Fantasy Aces Daily Fantasy Sports Corp is engaged in the daily fantasy sports games. It offers players the ability to play fantasy sports in a variety of sports including NFL, NBA, NHL and PGA. The company operates in the United States.


GREY:FASDF - Post by User

Post by TSXPLAYER1on Feb 01, 2016 10:22pm
85 Views
Post# 24514822

FAS announces operational results + announces pp

FAS announces operational results + announces pp

 

Fantasy Aces to release full 2015 operating results

 

2016-02-01 18:15 ET - News Release

 

Mr. Tom Frisina reports

FANTASY ACES DAILY FANTASY SPORTS CORP. PROVIDES CORPORATE UPDATE

Fantasy Aces Daily Fantasy Sports Corp. has released the unaudited operating results for the year ended Dec. 31, 2015. In October 2015, the Corporation completed the merger with DraftTeam Daily Fantasy Sports and the results below include the combined operations for the year.

Financial Results

During the year ended December 31, 2015, Fantasy Aces earned revenue from contests completed of $1,629,000. This is an increase of 650% from 2014. In addition, prize payouts totaled more than $17,900,000 during the year, an increase of over 620%. During the year, Fantasy Aces saw its member base increase by more than 265% as compared to 2014. The Corporation has a current working capital deficit of $3,475,000. These financial results are based on management's estimates and have not yet been approved by the Corporation's Audit Committee or Board of Directors or reviewed by the Corporation's auditors. The Corporation expects to release its full financial results for the year ended December 31, 2015 in the near future.

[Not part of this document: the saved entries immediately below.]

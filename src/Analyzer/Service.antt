-- ===== src/Analyzer/Service.antt =====
-- `fillService`, `fillRouteType`, `convertKV`, `convertAtDoc` and `fillInfo` of
-- pkg/parser/api/parser/analyzer.go. The texts that the `Writer` prints are parameters.
use goctl.Analyzer.Fill.{lookup_struct, get_type}
use goctl.Analyzer.Spec.{SpecType}
use goctl.Api.Errors.{Run, returns, fails, refused, many_service_names, ◌>>=◌, deref}
use goctl.Ast.{
  TokenNode, Node, KvExpr, BodyExpr, BodyStmt, AtDocStmt, doc_literal, doc_group, AtHandlerStmt,
  AtServerStmt, ServiceItemStmt, ServiceStmt,
}
use goctl.Ast.Nodes.{raw_text, trim_last}
use goctl.Base.{
  Bool, true, false, not, ◌&&◌, List, [], ◌∷◌, Option, none, some, Text, codes, text_eq,
  if◌then◌else◌,
}

-- A Go map of texts, with one entry for each key.
abbrev pub Properties : Type 0
Properties = List (Text × Text)

pub record AtDoc : Type 0 where
  pub properties : Properties
  pub text : Text

-- `Route` of api/spec/spec.go, without documents and comments.
pub record Route : Type 0 where
  pub method : Text
  pub path : Text
  pub request_type : Option SpecType
  pub response_type : Option SpecType
  pub handler : Text
  pub at_doc : AtDoc

pub record Group : Type 0 where
  pub annotation : Properties
  pub routes : List Route

unfoldable pub put_property : Text → Text → Properties → Properties
unfolding text_eq
put_property k v [] = (k, v) ∷ []
put_property k v ((j, w) ∷ m) = if text_eq j k then (j, v) ∷ m else (j, w) ∷ put_property k v m

-- `convertKV`, the loop with its map.
unfoldable pub convert_kv : List KvExpr → Properties → Run Properties
unfolding put_property raw_text trim_last text_eq
convert_kv [] m = returns m
convert_kv (kv ∷ kvs) m = do
  k ← deref kv.key
  v ← deref kv.value
  let key = trim_last b':' k.token.text
  let value = if text_eq key (codes "summary") then raw_text v else v.token.text
  convert_kv kvs (put_property key value m)

-- The properties of `fillInfo`, before the keys are put in title case.
unfoldable pub info_properties : List KvExpr → Properties → Run Properties
unfolding put_property raw_text trim_last
info_properties [] m = returns m
info_properties (kv ∷ kvs) m = do
  k ← deref kv.key
  v ← deref kv.value
  info_properties kvs (put_property (trim_last b':' k.token.text) (raw_text v) m)

abbrev pub no_doc : AtDoc
no_doc = record { properties = []; text = [] }

unfoldable pub convert_at_doc : Option AtDocStmt → Run AtDoc
unfolding convert_kv
convert_at_doc none = returns no_doc
convert_at_doc (some (doc_literal d v)) =
    deref v >>= λ t. returns (record no_doc { text = t.token.text })
convert_at_doc (some (doc_group d l kvs r)) =
    convert_kv kvs [] >>= λ m. returns (record no_doc { properties = m })

abbrev handler_text : Option AtHandlerStmt → Run Text
handler_text none = returns []
handler_text (some h) = deref h.name >>= λ t. returns t.token.text

abbrev pub annotation_of : Option AtServerStmt → Run Properties
annotation_of none = returns []
annotation_of (some s) = convert_kv s.values []

abbrev body_of : Option BodyStmt → Option BodyExpr
body_of none = none
body_of (some b) = b.body

module _ (body_text : BodyExpr → Text) (name_text : TokenNode → Text) (ts : List SpecType) where
  unfoldable pub body_type : Option BodyExpr → Bool → Run (Option SpecType)
  unfolding get_type
  body_type none req = returns none
  body_type (some b) req = get_type body_text ts b req >>= λ t. returns (some t)

  -- One of the two tests of `fillRouteType`.
  unfoldable pub fill_route_type : Option SpecType → Run (Option SpecType)
  unfolding lookup_struct
  fill_route_type none = returns none
  fill_route_type (some t) = lookup_struct ts t >>= λ u. returns (some u)

  -- The route of one item.
  unfoldable pub fill_route : ServiceItemStmt → Run Route
  unfolding convert_at_doc body_type fill_route_type
  fill_route item = do
    r ← deref item.route
    method ← deref r.method
    path ← deref r.path
    doc ← convert_at_doc item.at_doc
    handler ← handler_text item.at_handler
    request ← body_type (body_of r.request) true
    response ← body_type (body_of r.response) false
    request' ← fill_route_type request
    response' ← fill_route_type response
    returns (record {
      method = method.token.text;
      path = path.token.text;
      request_type = request';
      response_type = response';
      handler = handler;
      at_doc = doc;
    })

  -- The name of the service of a route, against the name so far.
  unfoldable pub agree_name : Node → Text → Run Text
  unfolding text_eq
  agree_name n name = deref n >>= λ t.
      if not (text_eq name []) && not (text_eq name (name_text t))
      then fails (refused (many_service_names (name_text t) name) ∷ [])
      else returns (name_text t)

  unfoldable pub fill_routes : Node → List ServiceItemStmt → Text → Run (List Route × Text)
  unfolding fill_route agree_name
  fill_routes n [] name = returns ([], name)
  fill_routes n (item ∷ items) name = do
    route ← fill_route item
    name' ← agree_name n name
    (routes, last) ← fill_routes n items name'
    returns (route ∷ routes, last)

  unfoldable pub fill_service : List ServiceStmt → Text → Run (List Group × Text)
  unfolding fill_routes
  fill_service [] name = returns ([], name)
  fill_service (s ∷ ss) name = do
    m ← annotation_of s.at_server
    (routes, name') ← fill_routes s.name s.routes name
    (groups, last) ← fill_service ss name'
    returns (record { annotation = m; routes = routes } ∷ groups, last)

The 2015 NFL season was very successful in terms of all the important metrics for the Corporation. Revenues for the fourth quarter in all sport categories combined was up over 468% when compared to 2014, and prize payouts increased by 400% compared to the same period in 2014. In addition, the Corporation has seen its NBA related revenues and payouts both increase by more than 370% from the start of the 2015 NBA season as compared to 2014 during the same time period.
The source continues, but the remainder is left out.